На веки вечные умирает только тот, кого не поминают

За две недели до Благовещения, с первым солнцем, достаточным для того, чтобы просохли большие дороги, в Скопье должно было прибыть посольство Андроника II Палеолога, императора всех императоров. Все придворные были заняты приготовлениями, в окнах не смели появляться облачные дни, и любая складка, даже на платочке, должна была лежать в соответствии со строгими правилами протокола. Мне приказали тщательно отобрать несколько повестей, которые будут предложены высоким гостям. Дело нешуточное. Все они, вельможи, пользуются особым доверием самого василевса, ученые люди, говорят на многих языках, знают силу тайн, повидали мир – от Иерусалима до Рима, от Александрии до Киева – и титул у каждого состоит более чем из семнадцати званий. Теперь вот приедут и к нашему королю, заключат с ним важные договоры. Им должно предложить все самое отборное, и в том числе несколько повестей.

– Ты отвечаешь за то, чтобы все было как полагается, в противном случае можешь заказывать надпись на свой надгробный камень! – сказали мне, и было понятно, что они заранее радуются моему поражению.

Принялся я перебирать все, что у меня в ризнице лежало в особом месте. Всем можно гордиться. Но все равно страшно – ведь это греки! Ведь они могут и нахмуриться, если увидят, что каракулей и строк оскорбительно много по сравнению со словесами, особенно если повесть из-за этого слишком медленно развивается или бессмысленно блуждает. Все, буквально все, решил я проверить, до последнего молчания. И все, с самого начала, попытаться предусмотреть. Не натрет ли им мозоль это слово? Придется ли по вкусу это? Не слишком ли много вставлено ветра? Что, если кто-то из них простудится? А не дать ли им послушать наши сказки? С другой стороны, они ведь приедут из аристократического Царьграда, как бы не стали смеяться над нами, как бы не подумали, что я обращаюсь к ним слишком запросто, без должного уважения или столичной сдержанности?

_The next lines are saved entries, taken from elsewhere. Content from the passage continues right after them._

-- ===== src/Types.antt =====
-- The classes that the client returns (python/copilot/types.py). A field whose value is not checked is a
-- value, `null` for None.
pub mod Responses
pub mod Models
pub mod Sessions
use copilot_sdk.Prelude.{
  String, Bool, true, ◌≡◌, refl, ap, ◌∙◌, if_true, Option, none, some, Result, ok, err, raise,
  value_error, if◌then◌else◌, ◌>>=◌, ◌||◌,
}
use copilot_sdk.Prelude.Int.{ℤ}
use copilot_sdk.Value.{Value, null, int, float, str, is_none, truthy}

-- Python's `str`, `int` and `float` of values of other types.
pub record Conversions : Type 0 where
  pub str_of : Value → String
  pub int_of : Value → Result ℤ
  pub float_of : Value → Result String

-- `str(v)`
unfoldable pub to_str : Conversions → Value → String
to_str c (str s) = s
to_str c v = c.str_of v

-- `int(v)`
unfoldable pub to_int : Conversions → Value → Result ℤ
to_int c (int n) = ok n
to_int c v = c.int_of v

-- `float(v)`
unfoldable pub to_float : Conversions → Value → Result String
to_float c (float t) = ok t
to_float c v = c.float_of v

-- `if v is None: raise ValueError(...)`
unfoldable pub required {ℓ} : {A : Type ℓ} → Bool → Result A → Result A
required missing r = if missing then raise value_error "Missing required fields" else r

-- `C.from_dict(v) if v else None`
abbrev pub some_result {ℓ} : {A : Type ℓ} → Result A → Result (Option A)
some_result r = r >>= λ a. ok (some a)

unfoldable pub if_truthy {ℓ} : {A : Type ℓ} → (Value → Result A) → Value → Result (Option A)
if_truthy f v = if truthy v then some_result (f v) else ok none

-- The value of an optional part: None if it is missing
unfoldable pub write_part {ℓ} : {A : Type ℓ} → (A → Value) → Option A → Value
write_part w none = null
write_part w (some a) = w a

pub if_truthy-write_part {ℓ} :
    {A : Type ℓ} (f : Value → Result A) (w : A → Value)
    → ((a : A) → f (w a) ≡ ok a)
    → (o : Option A) → ((a : A) → o ≡ some a → truthy (w a) ≡ true)
    → if_truthy f (write_part w o) ≡ ok o
unfolding if_truthy write_part
if_truthy-write_part f w back none t = unfold truthy in refl
if_truthy-write_part f w back (some a) t = if_true _ _ (t a refl) ∙ ap some_result (back a)
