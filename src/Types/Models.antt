-- ===== src/Types/Models.antt =====
-- What the client says of a model: `ModelVisionLimits`, `ModelLimits`, `ModelSupports`,
-- `ModelCapabilities`, `ModelPolicy`, `ModelBilling` and `ModelInfo` of python/copilot/types.py.
pub mod RoundTrip
use copilot_sdk.Prelude.{String, Bool, false, ◌||◌, Option, List, [], ◌∷◌, Result, ok, ◌>>=◌}
use copilot_sdk.Value.{Value, Fields, null, bool, float, str, obj, is_none, truthy, get_or}
use copilot_sdk.Wire.{Entry, always, given, to_fields, of_class, of_class_with_default}
use copilot_sdk.Types.{Conversions, to_str, to_float, required, if_truthy, write_part}

-- `ModelVisionLimits`
pub record ModelVisionLimits : Type 0 where
  pub supported_media_types : Value
  pub max_prompt_images : Value
  pub max_prompt_image_size : Value

abbrev pub read_vision_limits : (String → Value) → Result ModelVisionLimits
read_vision_limits get = ok (record {
  supported_media_types = get "supported_media_types";
  max_prompt_images = get "max_prompt_images";
  max_prompt_image_size = get "max_prompt_image_size";
})

-- `ModelVisionLimits.from_dict`
unfoldable pub model_vision_limits_from_dict : Value → Result ModelVisionLimits
model_vision_limits_from_dict v = of_class read_vision_limits v

abbrev pub vision_limits_entries : ModelVisionLimits → List Entry
vision_limits_entries x =
    given "supported_media_types" x.supported_media_types
    ∷ given "max_prompt_images" x.max_prompt_images
    ∷ given "max_prompt_image_size" x.max_prompt_image_size
    ∷ []

-- `ModelVisionLimits.to_dict`
unfoldable pub model_vision_limits_to_dict : ModelVisionLimits → Value
model_vision_limits_to_dict x = obj (to_fields (vision_limits_entries x))

-- `ModelLimits`
pub record ModelLimits : Type 0 where
  pub max_prompt_tokens : Value
  pub max_context_window_tokens : Value
  pub vision : Option ModelVisionLimits

abbrev pub read_limits : (String → Value) → Result ModelLimits
read_limits get = do
  vision ← if_truthy model_vision_limits_from_dict (get "vision")
  ok (record {
    max_prompt_tokens = get "max_prompt_tokens";
    max_context_window_tokens = get "max_context_window_tokens";
    vision = vision;
  })

-- `ModelLimits.from_dict`
unfoldable pub model_limits_from_dict : Value → Result ModelLimits
model_limits_from_dict v = of_class read_limits v

abbrev pub limits_entries : ModelLimits → List Entry
limits_entries x =
    given "max_prompt_tokens" x.max_prompt_tokens
    ∷ given "max_context_window_tokens" x.max_context_window_tokens
    ∷ given "vision" (write_part model_vision_limits_to_dict x.vision)
    ∷ []

-- `ModelLimits.to_dict`
unfoldable pub model_limits_to_dict : ModelLimits → Value
model_limits_to_dict x = obj (to_fields (limits_entries x))

-- `ModelSupports`
pub record ModelSupports : Type 0 where
  pub vision : Bool
  pub reasoning_effort : Bool

-- `ModelSupports.from_dict`; `reasoningEffort` has a default.
unfoldable pub read_supports : Fields → Result ModelSupports
read_supports fs = required (is_none (get_or "vision" null fs)) (
    ok (record {
      vision = truthy (get_or "vision" null fs);
      reasoning_effort = truthy (get_or "reasoningEffort" (bool false) fs);
    }))

unfoldable pub model_supports_from_dict : Value → Result ModelSupports
unfolding read_supports
model_supports_from_dict v = of_class_with_default read_supports v

abbrev pub supports_entries : ModelSupports → List Entry
supports_entries x =
    always "vision" (bool x.vision) ∷ always "reasoningEffort" (bool x.reasoning_effort) ∷ []

-- `ModelSupports.to_dict`
unfoldable pub model_supports_to_dict : ModelSupports → Value
model_supports_to_dict x = obj (to_fields (supports_entries x))

-- `ModelCapabilities`
pub record ModelCapabilities : Type 0 where
  pub supports : ModelSupports
  pub limits : ModelLimits

abbrev pub read_capabilities : (String → Value) → Result ModelCapabilities
read_capabilities get = required (is_none (get "supports") || is_none (get "limits")) (
    model_supports_from_dict (get "supports") >>= λ supports.
    model_limits_from_dict (get "limits") >>= λ limits.
    ok (record { supports = supports; limits = limits }))

-- `ModelCapabilities.from_dict`
unfoldable pub model_capabilities_from_dict : Value → Result ModelCapabilities
model_capabilities_from_dict v = of_class read_capabilities v

abbrev pub capabilities_entries : ModelCapabilities → List Entry
capabilities_entries x =
    always "supports" (model_supports_to_dict x.supports)
    ∷ always "limits" (model_limits_to_dict x.limits)
    ∷ []

-- `ModelCapabilities.to_dict`
unfoldable pub model_capabilities_to_dict : ModelCapabilities → Value
model_capabilities_to_dict x = obj (to_fields (capabilities_entries x))

-- `ModelPolicy`
pub record ModelPolicy : Type 0 where
  pub state : String
  pub terms : String

abbrev pub read_policy : Conversions → (String → Value) → Result ModelPolicy
read_policy c get =
    required (is_none (get "state") || is_none (get "terms"))
      (ok (record { state = to_str c (get "state"); terms = to_str c (get "terms") }))

-- `ModelPolicy.from_dict`
unfoldable pub model_policy_from_dict : Conversions → Value → Result ModelPolicy
model_policy_from_dict c v = of_class (read_policy c) v

abbrev pub policy_entries : ModelPolicy → List Entry
policy_entries x = always "state" (str x.state) ∷ always "terms" (str x.terms) ∷ []

-- `ModelPolicy.to_dict`
unfoldable pub model_policy_to_dict : ModelPolicy → Value
model_policy_to_dict x = obj (to_fields (policy_entries x))

-- `ModelBilling`
pub record ModelBilling : Type 0 where
  -- a float, held by its `repr`
  pub multiplier : String

abbrev pub read_billing : Conversions → (String → Value) → Result ModelBilling
read_billing c get =
    required (is_none (get "multiplier"))
      (to_float c (get "multiplier") >>= λ multiplier. ok (record { multiplier = multiplier }))

-- `ModelBilling.from_dict`
unfoldable pub model_billing_from_dict : Conversions → Value → Result ModelBilling
model_billing_from_dict c v = of_class (read_billing c) v

abbrev pub billing_entries : ModelBilling → List Entry
billing_entries x = always "multiplier" (float x.multiplier) ∷ []

-- `ModelBilling.to_dict`
unfoldable pub model_billing_to_dict : ModelBilling → Value
model_billing_to_dict x = obj (to_fields (billing_entries x))

-- `ModelInfo`
pub record ModelInfo : Type 0 where
  pub id : String
  pub name : String
  pub capabilities : ModelCapabilities
  pub policy : Option ModelPolicy
  pub billing : Option ModelBilling
  pub supported_reasoning_efforts : Value
  pub default_reasoning_effort : Value

abbrev pub read_info : Conversions → (String → Value) → Result ModelInfo
read_info c get =
    required (is_none (get "id") || is_none (get "name") || is_none (get "capabilities")) (
      model_capabilities_from_dict (get "capabilities") >>= λ capabilities.
      if_truthy (model_policy_from_dict c) (get "policy") >>= λ policy.
      if_truthy (model_billing_from_dict c) (get "billing") >>= λ billing. ok (record {
        id = to_str c (get "id");
        name = to_str c (get "name");
        capabilities = capabilities;
        policy = policy;
        billing = billing;
        supported_reasoning_efforts = get "supportedReasoningEfforts";
        default_reasoning_effort = get "defaultReasoningEffort";
      }))

-- `ModelInfo.from_dict`
unfoldable pub model_info_from_dict : Conversions → Value → Result ModelInfo
model_info_from_dict c v = of_class (read_info c) v

abbrev pub info_entries : ModelInfo → List Entry
info_entries x =
    always "id" (str x.id)
    ∷ always "name" (str x.name)
    ∷ always "capabilities" (model_capabilities_to_dict x.capabilities)
    ∷ given "policy" (write_part model_policy_to_dict x.policy)
    ∷ given "billing" (write_part model_billing_to_dict x.billing)
    ∷ given "supportedReasoningEfforts" x.supported_reasoning_efforts
    ∷ given "defaultReasoningEffort" x.default_reasoning_effort
    ∷ []

-- `ModelInfo.to_dict`
unfoldable pub model_info_to_dict : ModelInfo → Value
model_info_to_dict x = obj (to_fields (info_entries x))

Так проводил я дни и ночи. Сомнения одолевали меня, и в результате все, что представлялось мне изначально хорошим, теперь стало казаться плохим. В конце концов решил – будь что будет, от меня не требуется ничего необычного, просто хорошо сделать свое дело…

Гости прибыли точно в срок. В первую неделю, жалуясь на усталость, они рано уходили спать. Но однажды во время ужина слуги вместе с вином подали и мои повести. Совершенно пресные, безо всяких приправ, в обычной глиняной посуде. Греки начали перешептываться, и я сперва подумал, что они и прикоснуться не захотят к нашим славянским сказаниям. Один из них натянул шапку на лоб и уши, гадливо сморщил губы, словно его угостили тухлой рыбой. Другой сложил руки на животе, давая понять, что он уже вполне сыт. Третий, не зная, куда деваться, процедил, что попробует чуть-чуть, чтобы не обидеть многоуважаемого сербского короля.

Однако прошло совсем немного времени, как он решил повторить. Потом отпил глоток вина и взял еще. Другой экзарх смущенно присоединился к нему. Довольно поцокали языками, переглянулись, что-то воскликнули по-гречески. Тут и первый снял шапку, и не успел я глазом моргнуть – не осталось ни слова, посланники с удовольствием послушали даже заключительное молчание, то, что было на дне посудины. Потом все трое по очереди стали нахваливать:

– Всего в меру! Настоялась хорошо, а все значения остались свежими! Ничего не скажешь, и начинается, и заканчивается как раз вовремя! И не тяжелая, от нее не пучит! Но и не слишком легкая, не празднословная!

– Ничего другого до самого Константинополя не хотим и слушать, лично перескажем ее прямо на ухо василевсу Андронику!

– Конечно, срок пребывания посольства строго ограничен и у нас больше на это не будет времени, но если бы кир Милутин проявил щедрость, мы не отказались бы взять с собой в Ромейскую империю хотя бы по одному вьюку каждой повести!